Please state in a single number how many lines of the entries below include the word "deferred".

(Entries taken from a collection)
--- START ---

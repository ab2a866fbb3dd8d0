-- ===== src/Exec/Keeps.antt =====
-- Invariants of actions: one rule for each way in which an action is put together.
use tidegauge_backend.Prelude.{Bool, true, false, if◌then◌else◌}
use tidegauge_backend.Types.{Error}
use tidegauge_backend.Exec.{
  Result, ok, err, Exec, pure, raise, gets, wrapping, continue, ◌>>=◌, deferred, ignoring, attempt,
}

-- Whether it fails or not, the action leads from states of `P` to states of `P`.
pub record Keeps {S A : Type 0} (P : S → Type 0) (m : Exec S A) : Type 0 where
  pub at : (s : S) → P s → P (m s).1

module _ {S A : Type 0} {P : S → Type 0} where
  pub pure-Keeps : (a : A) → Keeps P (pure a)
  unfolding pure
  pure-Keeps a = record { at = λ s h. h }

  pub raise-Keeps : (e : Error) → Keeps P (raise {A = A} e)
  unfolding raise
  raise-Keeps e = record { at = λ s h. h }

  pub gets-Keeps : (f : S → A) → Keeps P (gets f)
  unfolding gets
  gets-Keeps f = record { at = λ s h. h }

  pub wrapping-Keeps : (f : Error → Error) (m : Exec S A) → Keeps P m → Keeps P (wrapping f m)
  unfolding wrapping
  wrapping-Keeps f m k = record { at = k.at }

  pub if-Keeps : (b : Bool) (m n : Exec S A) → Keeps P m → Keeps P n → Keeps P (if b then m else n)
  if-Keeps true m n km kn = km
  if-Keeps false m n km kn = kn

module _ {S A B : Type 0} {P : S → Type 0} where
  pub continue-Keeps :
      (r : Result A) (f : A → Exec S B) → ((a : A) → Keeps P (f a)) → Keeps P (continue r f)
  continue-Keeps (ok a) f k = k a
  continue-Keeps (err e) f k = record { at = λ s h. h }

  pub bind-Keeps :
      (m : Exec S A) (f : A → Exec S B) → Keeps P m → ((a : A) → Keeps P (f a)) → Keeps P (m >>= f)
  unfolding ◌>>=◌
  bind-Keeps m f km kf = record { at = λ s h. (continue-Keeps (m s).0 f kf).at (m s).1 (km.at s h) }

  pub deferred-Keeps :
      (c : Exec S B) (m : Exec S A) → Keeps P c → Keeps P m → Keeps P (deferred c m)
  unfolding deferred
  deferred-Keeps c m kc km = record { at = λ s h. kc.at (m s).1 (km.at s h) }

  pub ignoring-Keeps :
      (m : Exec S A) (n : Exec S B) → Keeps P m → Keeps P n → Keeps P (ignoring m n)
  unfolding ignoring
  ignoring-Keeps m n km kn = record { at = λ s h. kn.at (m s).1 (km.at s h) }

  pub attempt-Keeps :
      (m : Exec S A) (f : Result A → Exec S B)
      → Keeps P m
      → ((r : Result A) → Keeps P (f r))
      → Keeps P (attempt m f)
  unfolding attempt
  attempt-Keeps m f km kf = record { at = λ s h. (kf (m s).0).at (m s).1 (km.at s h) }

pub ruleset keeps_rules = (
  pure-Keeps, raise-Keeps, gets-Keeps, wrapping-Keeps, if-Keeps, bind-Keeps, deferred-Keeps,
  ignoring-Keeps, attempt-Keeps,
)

--- END ---

(Written answer)
6